Context: Student participation rates in the online version of ICES introduced in 2010 were so low as to render the data practically meaningless. At the table in 2011, the administration’s team wanted an all-classes, every-semester model for evaluation as a fix. It appeared to be an attempt to get the WMU-AAUP team to give up a faculty right that has been in every contract since 1981 but would not solve the problems at hand. The WMU-AAUP team said no and challenged the general reliability of student ratings, citing research demonstrating that bias is endemic to student evaluations. The administration’s team was not interested in talking about that.

The two sides negotiated a Letter of Agreement (LOA) to establish a joint committee to work on ideas for improving student participation rates before the next negotiation (2014).


The joint committee established by the 2011 LOA was not successful. The WMU-AAUP appointees resigned when administrators on the committee tried to expand the committee’s charge and reconsider how faculty teaching is evaluated more widely, a contractual matter that was therefore better suited for the bargaining table. The committee was disbanded shortly thereafter.

At the table in 2014, the two sides again discussed the low student participation rates. Once again, the administration’s team suggested moving to an every-class, every-semester model, and once again they did not offer any evidence that this would improve per-class participation rates. The WMU-AAUP team said no and once again brought evidence of bias in course evaluations. And once again, the administration would not discuss this.

Another LOA establishing another joint committee was signed. This time, a timeline for the committee’s work was included. The committee’s recommendation in 2015 was to conduct a pilot study in which all sections of all courses would be evaluated, a model that the 2011 and 2014 WMU-AAUP negotiation teams had already rejected at the bargaining table.

The WMU-AAUP Executive Committee, in consultation with the 2014 team, voted against the proposal on grounds that it would violate the longstanding language in Article 16§4: “Student ratings shall be conducted in each class taught by a bargaining unit faculty member in at least one semester of each academic year (to be determined by the faculty member).”

All language articulating faculty rights regarding the collection and use of rating data is retained in the 2014-17 Agreement.


Some recent studies and reports on bias in course evaluations:

“An evaluation of course evaluations,” Stark and Freishtat, Science Open, September 26, 2014.

“Bias against female instructors,” Colleen Flaherty, Inside Higher Ed, January 11, 2016.

“Do the best professors get the worst ratings?” Nate Kornell, Psychology Today, May 31, 2013.

“Evaluating students’ evaluations of professors,” Bragaa, Paccagnellab, and Pellizzari, Economics of Education Review 41, August 2014.

“Flawed evaluations,” Colleen Flaherty, Inside Higher Ed, June 10, 2015.

“Needs improvement: Student evaluations of professors aren’t just biased and absurd—they don’t even work,” Rebecca Schuman, Slate, April 24, 2014.

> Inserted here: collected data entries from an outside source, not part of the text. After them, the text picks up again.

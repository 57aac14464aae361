-- ===== src/Crawl/Tidy.antt =====
-- scripts/scrape_player_info.py: what the claim loops leave in the queue, however they end.
use mathlib.Core.Path.{subst}
use sport_crawl.Prelude.{
  ℕ, ◌+◌, Option, none, some, List, [], ◌∷◌, ◌≡◌, ◌⊎◌, refl, sym, inl, inr, Bool-cases, arith,
}
use sport_crawl.Queue.Table.{
  ScrapeStatus, pending, in_progress, done, failed, ScrapeQueue, Table, Outcome, ok, err, find,
  update_where,
}
use sport_crawl.Queue.Table.Totals.{IsUnique}
use sport_crawl.Queue.Repository.{claim_by_id}
use sport_crawl.Queue.Repository
use sport_crawl.Queue.PlayerInfo.{Database, is_held, claim_next, release_to_pending}
use sport_crawl.Crawl.Job.{
  JobEnd, succeeded, browser_restart, cooldown, skipped, fatal, interrupted, max_attempts,
  run_attempts, run_buffered_attempts,
}
use sport_crawl.Crawl.Loops.{
  LoopEnd, exhausted, restart, cooldown_required, raises, cancelled, going_on, Result, stop,
  after_job, Round, claimed_round, run_claim_loop, Ref, spent, sentinel, get_cancelled, candidate,
  BufferedRound, is_closed, claimed_buffered, with_ref, run_buffered_loop,
}
use sport_crawl.Crawl.Handled.{IsDone, IsFailed, IsHandled, run_attempts-IsHandled}
use sport_crawl.Crawl.Copies.{run_buffered_attempts-eq}
use sport_crawl.Crawl.Running.{
  count_status, unit, IsClaim, claim_next-IsClaim, claim_by_id-IsClaim, IsLetGo, save-IsLetGo,
  release_to_pending-IsLetGo,
}

-- The jobs that are being worked on, after a loop that found n of them: n again when it returned,
-- asked for a cooldown or goes on; at most one more when it raised or was cancelled.
abbrev pub IsEnd : LoopEnd → ℕ → ℕ → Type 0
IsEnd exhausted n m = m ≡ n
IsEnd restart n m = m ≡ n
IsEnd cooldown_required n m = m ≡ n
IsEnd raises n m = (m ≡ n) ⊎ (m ≡ n + 1)
IsEnd cancelled n m = (m ≡ n) ⊎ (m ≡ n + 1)
IsEnd going_on n m = m ≡ n

module _ (n f p : ℕ) where
  -- Between two jobs: n rows are IN_PROGRESS, and as many rows are DONE beyond f as jobs were counted
  -- beyond p.
  abbrev pub IsBetween : ℕ → Database → Type 0
  IsBetween processed db =
      IsUnique db.queue
      × (count_status in_progress db.queue ≡ n)
      × (count_status done db.queue + p ≡ f + processed)

  -- With a job in hand.
  abbrev IsHolding : ℕ → Database → Type 0
  IsHolding processed db =
      IsUnique db.queue
      × (count_status in_progress db.queue ≡ n + 1)
      × (count_status done db.queue + p ≡ f + processed)

  abbrev pub IsTidy : Result → Type 0
  IsTidy r =
      IsEnd r.end n (count_status in_progress r.database.queue)
      × (count_status done r.database.queue + p ≡ f + r.processed)

  abbrev KeepsTidy : (ℕ → Database → Result) → Type 0
  KeepsTidy next = (m : ℕ) (db : Database) → IsBetween m db → IsTidy (next m db)

  module _ (q : ScrapeQueue) (processed : ℕ) (db : Database) (h : IsHolding processed db)
      (found : find q.id db.queue ≡ some q) (held : q.status ≡ in_progress) where
    let_go-IsBetween :
        (y : ScrapeStatus) (after : Database) (m : ℕ)
        → unit in_progress y ≡ 0
        → m ≡ processed + unit done y
        → IsLetGo y db.queue after.queue
        → IsBetween m after
    let_go-IsBetween y after m idle counted (u, counts) =
        let a = counts in_progress in let b = counts done in (u, ground arith, ground arith)

    IsDone-IsBetween : (after : Database) → IsDone q db after → IsBetween (processed + 1) after
    IsDone-IsBetween after (row, same, written, is_done, free) =
        let_go-IsBetween done after (processed + 1) refl refl
          (save-IsLetGo q db.queue h.0 found held row done after.queue same is_done written)

    IsFailed-IsBetween :
        (ceiling : ℕ) (after : Database) → IsFailed q ceiling db after → IsBetween processed after
    IsFailed-IsBetween ceiling after (row, same, written, more, free, inl (dead, last)) =
        let_go-IsBetween failed after processed refl (ground arith)
          (save-IsLetGo q db.queue h.0 found held row failed after.queue same dead written)
    IsFailed-IsBetween ceiling after (row, same, written, more, free, inr (waits, left)) =
        let_go-IsBetween pending after processed refl (ground arith)
          (save-IsLetGo q db.queue h.0 found held row pending after.queue same waits written)

    after_job-IsTidy :
        (ceiling : ℕ) (e : JobEnd) (after : Database) (next : ℕ → Database → Result)
        → IsHandled q ceiling db (e, after)
        → KeepsTidy next
        → IsTidy (after_job (e, after) processed next)
    after_job-IsTidy ceiling succeeded after next finished keeps =
        keeps (processed + 1) after (IsDone-IsBetween after finished)
    after_job-IsTidy ceiling browser_restart after next fails keeps =
        let b = IsFailed-IsBetween ceiling after fails in (b.1, b.2)
    after_job-IsTidy ceiling cooldown after next fails keeps =
        let b = IsFailed-IsBetween ceiling after fails in (b.1, b.2)
    after_job-IsTidy ceiling skipped after next fails keeps =
        keeps processed after (IsFailed-IsBetween ceiling after fails)
    after_job-IsTidy ceiling fatal after next same keeps =
        subst (λ d. IsTidy (stop raises processed d)) (sym same) (inr h.1, h.2)
    after_job-IsTidy ceiling interrupted after next same keeps =
        subst (λ d. IsTidy (stop cancelled processed d)) (sym same) (inr h.1, h.2)

  IsClaim-IsHolding :
      (processed : ℕ) (db : Database) (r : ScrapeQueue) (t : Table)
      → IsBetween processed db
      → IsClaim db.queue (ok (some r), t)
      → IsHolding processed (record db { queue = t })
  IsClaim-IsHolding processed db r t h (found, kind, held, u, counts) =
      let a = counts in_progress in let b = counts done in (u, ground arith, ground arith)

  module _ (ceiling : ℕ) (processed : ℕ) (db : Database) (h : IsBetween processed db)
      (next : ℕ → Database → Result) (keeps : KeepsTidy next) where
    claimed_round-IsTidy :
        (r : Round) (o : Outcome (Option ScrapeQueue)) (t : Table)
        → IsClaim db.queue (o, t)
        → IsTidy (claimed_round (o, t) ceiling r processed db next)
    claimed_round-IsTidy r (err e) t claim = (inl h.1, h.2)
    claimed_round-IsTidy r (ok none) t claim = elim (Bool-cases r.step2_done) [
      | inl finished ↦ simp finished (h.1, h.2)
      | inr waits ↦ elim (Bool-cases r.wait_cancelled) [
        | inl stopped ↦ simp (waits, stopped) (inl h.1, h.2)
        | inr on ↦ simp (waits, on) (keeps processed db h)
      ]
    ]
    claimed_round-IsTidy r (ok (some job)) t claim =
        let held = record db { queue = t } in
        let result = run_attempts job ceiling r.meets max_attempts 0 held in
        after_job-IsTidy job processed held (IsClaim-IsHolding processed db job t h claim) claim.0
          claim.2 ceiling result.0 result.1 next
          (run_attempts-IsHandled job held claim.0 claim.1 ceiling r.meets 2 0) keeps

    claimed_buffered-IsTidy :
        (r : BufferedRound) (o : Outcome (Option ScrapeQueue)) (t : Table)
        → IsClaim db.queue (o, t)
        → IsTidy (claimed_buffered (o, t) ceiling r processed db next)
    unfolding release_to_pending
    claimed_buffered-IsTidy r (err e) t claim = (inl h.1, h.2)
    claimed_buffered-IsTidy r (ok none) t claim = keeps processed db h
    claimed_buffered-IsTidy r (ok (some job)) t claim =
        let held = record db { queue = t } in
        let holding = IsClaim-IsHolding processed db job t h claim in
        elim (Bool-cases (is_closed r)) [
          | inl closed ↦ simp closed (elim (Bool-cases r.release.reachable) [
            | inl up ↦
                let freed = record held {
                  queue = update_where (is_held job.id) Repository.released t;
                } in
                simp up (
                  keeps processed freed (
                    let_go-IsBetween job processed held holding claim.0 claim.2 pending freed
                      processed refl (ground arith)
                      (release_to_pending-IsLetGo job t claim.3 claim.0 claim.2 claim.1)))
            | inr down ↦ simp down (inr holding.1, holding.2)
          ])
          | inr opened ↦
              let result =
                run_buffered_attempts job ceiling r.meets r.has_gate max_attempts 0 held in
              simp opened (
                after_job-IsTidy job processed held holding claim.0 claim.2 ceiling result.0.0
                  result.0.1 next
                  (subst (λ x. IsHandled job ceiling held x)
                    (sym
                      (run_buffered_attempts-eq job ceiling r.meets r.has_gate max_attempts 0 held))
                    (run_attempts-IsHandled job held claim.0 claim.1 ceiling r.meets 2 0))
                  keeps)
        ]

    with_ref-IsTidy :
        (ref : Ref) (r : BufferedRound) → IsTidy (with_ref ref ceiling r processed db next)
    with_ref-IsTidy spent r = (h.1, h.2)
    with_ref-IsTidy sentinel r = (h.1, h.2)
    with_ref-IsTidy get_cancelled r = (inl h.1, h.2)
    with_ref-IsTidy (candidate i) r =
        let claim = claim_by_id "player_info" i r.claim db.queue in
        claimed_buffered-IsTidy r claim.0 claim.1 (claim_by_id-IsClaim i r.claim db.queue h.0)

  loop-IsTidy :
      (ceiling : ℕ) (rounds : List Round) (processed : ℕ) (db : Database)
      → IsBetween processed db
      → IsTidy (run_claim_loop ceiling rounds processed db)
  unfolding run_claim_loop
  loop-IsTidy ceiling [] processed db h = (h.1, h.2)
  loop-IsTidy ceiling (r ∷ rest) processed db h =
      let claim = claim_next r.claim db.queue in
      claimed_round-IsTidy ceiling processed db h (λ m db'. run_claim_loop ceiling rest m db')
        (λ m db' h'. loop-IsTidy ceiling rest m db' h') r claim.0 claim.1
        (claim_next-IsClaim r.claim db.queue h.0)

  buffered_loop-IsTidy :
      (ceiling : ℕ) (rounds : List BufferedRound) (processed : ℕ) (db : Database)
      → IsBetween processed db
      → IsTidy (run_buffered_loop ceiling rounds processed db)
  unfolding run_buffered_loop
  buffered_loop-IsTidy ceiling [] processed db h = (h.1, h.2)
  buffered_loop-IsTidy ceiling (r ∷ rest) processed db h =
      with_ref-IsTidy ceiling processed db h (λ m db'. run_buffered_loop ceiling rest m db')
        (λ m db' h'. buffered_loop-IsTidy ceiling rest m db' h') r.ref r

-- On a queue whose ids are unique, run_claim_loop leaves as many rows IN_PROGRESS as it found when it
-- returns, restarts the browser, asks for a cooldown or goes on, and at most one more when it raises
-- or is cancelled; and it makes exactly as many rows DONE as it counts, whatever its rounds meet.
pub run_claim_loop-IsTidy :
    (ceiling : ℕ) (rounds : List Round) (processed : ℕ) (db : Database)
    → IsUnique db.queue
    → IsTidy
        (count_status in_progress db.queue)
        (count_status done db.queue)
        processed
        (run_claim_loop ceiling rounds processed db)
run_claim_loop-IsTidy ceiling rounds processed db u =
    loop-IsTidy (count_status in_progress db.queue) (count_status done db.queue) processed ceiling
      rounds processed db (u, refl, refl)

-- The same holds of _run_buffered_loop, with the candidates that it is handed, the jobs that it
-- releases while the gate is closed, and the gate open or closed at any of its rounds.
pub run_buffered_loop-IsTidy :
    (ceiling : ℕ) (rounds : List BufferedRound) (processed : ℕ) (db : Database)
    → IsUnique db.queue
    → IsTidy
        (count_status in_progress db.queue)
        (count_status done db.queue)
        processed
        (run_buffered_loop ceiling rounds processed db)
run_buffered_loop-IsTidy ceiling rounds processed db u =
    buffered_loop-IsTidy (count_status in_progress db.queue) (count_status done db.queue) processed
      ceiling rounds processed db (u, refl, refl)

“Online students give instructors higher marks if they think instructors are men, North Carolina State University News, December 9, 2014.

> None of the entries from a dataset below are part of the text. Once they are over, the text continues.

-- ===== src/Crawl/Tests.antt =====
-- The theorems about the player_info workers on a queue of two jobs.
use sport_crawl.Prelude.{
  String, ℕ, ◌==◌, true, false, none, List, [], ◌∷◌, map, ◌≡◌, refl, if◌then◌else◌, arith,
}
use sport_crawl.Queue.Table.{pending, in_progress, ScrapeQueue, Session, find}
use sport_crawl.Queue.Table.Totals.{IsUnique}
use sport_crawl.Queue.PlayerInfo.{Database}
use sport_crawl.Crawl.Job.{rate_limit, page, fetch_raises, Meets, run_attempts}
use sport_crawl.Crawl.Loops.{
  candidate, sentinel, Round, BufferedRound, run_claim_loop, run_buffered_loop,
}
use sport_crawl.Crawl.Handled.{IsHandled, run_attempts-IsHandled}
use sport_crawl.Crawl.Tidy.{IsTidy, run_claim_loop-IsTidy, run_buffered_loop-IsTidy}
use sport_crawl.Gate.Reopening.{new_system}
use sport_crawl.Worker.Loop.{cooldown_required, exhausted, run}
use sport_crawl.Crawl.Buffered.{
  BufferedStart, build_fails, builds, warm, SessionRound, run_buffered,
}
use sport_crawl.Queue.UrlTable
use sport_crawl.Queue.UrlTable.{BackendUrlRow}
use sport_crawl.Crawl.Startup.{startup_drain}
use sport_crawl.Crawl.Drained.{IsDrained, startup_drain-IsDrained}
use sport_crawl.Crawl.Mirror.{own_actions, to_round, run_buffered-run}
use sport_crawl.Crawl.Quiet.{IsQuiet, run_buffered-IsQuiet}

abbrev job : ℕ → ScrapeQueue
job i = record {
  id = i;
  url = "https://fbref.com/en/players/abc/X";
  domain = "fbref.com";
  status = if i == 1 then in_progress else pending;
  completed_at = none;
  error_message = none;
  retry_count = 0;
  locked_at = none;
  fk_url_registry_id = none;
  job_type = "player_info";
  fk_country = none;
}

abbrev session : Session
session = record { reachable = true; now = 100; locked = λ _. false }

abbrev database : Database
database = record { queue = job 1 ∷ job 2 ∷ job 3 ∷ []; backend = λ _. [] }

-- The first attempt meets a rate limit, the second a page.
abbrev meets : Meets
meets = record {
  attempts = λ n. record {
    fetched = if n == 0 then fetch_raises (rate_limit "429") else page;
    parsed = none;
    stats = none;
    session = session;
    commit = none;
  };
  failures = λ _. session;
}

run_attempts-IsHandled_example :
    IsHandled (job 1) 3 database (run_attempts (job 1) 3 meets 3 0 database)
unfolding find
run_attempts-IsHandled_example = run_attempts-IsHandled (job 1) database refl refl 3 meets 2 0

unique : IsUnique database.queue
unique j = ground arith

abbrev round : Round
round = record { claim = session; step2_done = true; wait_cancelled = false; meets = meets }

run_claim_loop-IsTidy_example :
    IsTidy 1 0 7 (run_claim_loop 3 (round ∷ round ∷ round ∷ []) 7 database)
run_claim_loop-IsTidy_example =
    run_claim_loop-IsTidy 3 (round ∷ round ∷ round ∷ []) 7 database unique

abbrev buffered_round : ℕ → BufferedRound
buffered_round i = record {
  ref = if i == 0 then sentinel else candidate i;
  claim = session;
  has_gate = true;
  is_open = i == 2;
  release = session;
  meets = meets;
}

run_buffered_loop-IsTidy_example :
    IsTidy 1 0 0
      (run_buffered_loop 3 (buffered_round 3 ∷ buffered_round 2 ∷ buffered_round 0 ∷ []) 0 database)
run_buffered_loop-IsTidy_example =
    run_buffered_loop-IsTidy 3 (buffered_round 3 ∷ buffered_round 2 ∷ buffered_round 0 ∷ []) 0
      database unique

abbrev session_round : BufferedStart → SessionRound
session_round start = record { start = start; jitter = 2; sleep_cancelled = false }

-- A start that fails, a session that signals two rate limits and asks for a cooldown, an exhausted one.
abbrev session_rounds : List SessionRound
session_rounds =
    session_round build_fails
    ∷ session_round (builds (warm ((5, true) ∷ (9, false) ∷ []) 4 cooldown_required) false)
    ∷ session_round (builds (warm [] 2 (exhausted 6)) false)
    ∷ []

run_buffered-run_example :
    (own_actions (run_buffered true session_rounds).0, (run_buffered true session_rounds).1)
    ≡ run (map to_round session_rounds)
run_buffered-run_example = run_buffered-run true session_rounds

run_buffered-IsQuiet_example : IsQuiet (run_buffered true session_rounds).0 (new_system 300 60 3)
run_buffered-IsQuiet_example = run_buffered-IsQuiet session_rounds (new_system 300 60 3)

abbrev profile : ℕ → String → BackendUrlRow
profile i url = record {
  id = i;
  url = url;
  url_type = "profile";
  priority = 5;
  next_scrape_at = 90;
  fk_country = none;
  cadence_hours = none;
  status = UrlTable.pending;
  retry_count = 0;
  last_error = none;
  last_scrape_status = none;
  last_scraped_at = none;
}

-- One URL has the waiting job 1, the other has none.
abbrev profiles : List BackendUrlRow
profiles =
    profile 8 "https://fbref.com/en/players/abc/X"
    ∷ profile 9 "https://fbref.com/en/players/d/Y"
    ∷ []

startup_drain-IsDrained_example :
    IsDrained profiles 0 1
      (startup_drain 2 200 profiles (λ _. session) 0 0 (record { rows = job 1 ∷ []; next_id = 2 }))
startup_drain-IsDrained_example =
    startup_drain-IsDrained 200 profiles (λ _. session) 2 0 0
      (record { rows = job 1 ∷ []; next_id = 2 }) (omega arith)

“Student evaluations of teaching (mostly) do not measure teaching effectiveness,” Boring, Ottoboni, and Stark, Science Open Research, January 7, 2016.

“Student course evaluations get an F,” Anya Kamenetz, NPR.org, September 26, 2014.

“Student evaluations offer bad data that leads to the wrong answer,” Stuart Rojstaczer, New York Times, September 18, 2012.

“Student evaluations of teaching are probably biased. Does it matter?” Erik Voten, Washington Post, October 10, 2013.

“Students praise male professors,” Kaitlin Mulhere, Inside Higher Ed, December 10, 2014.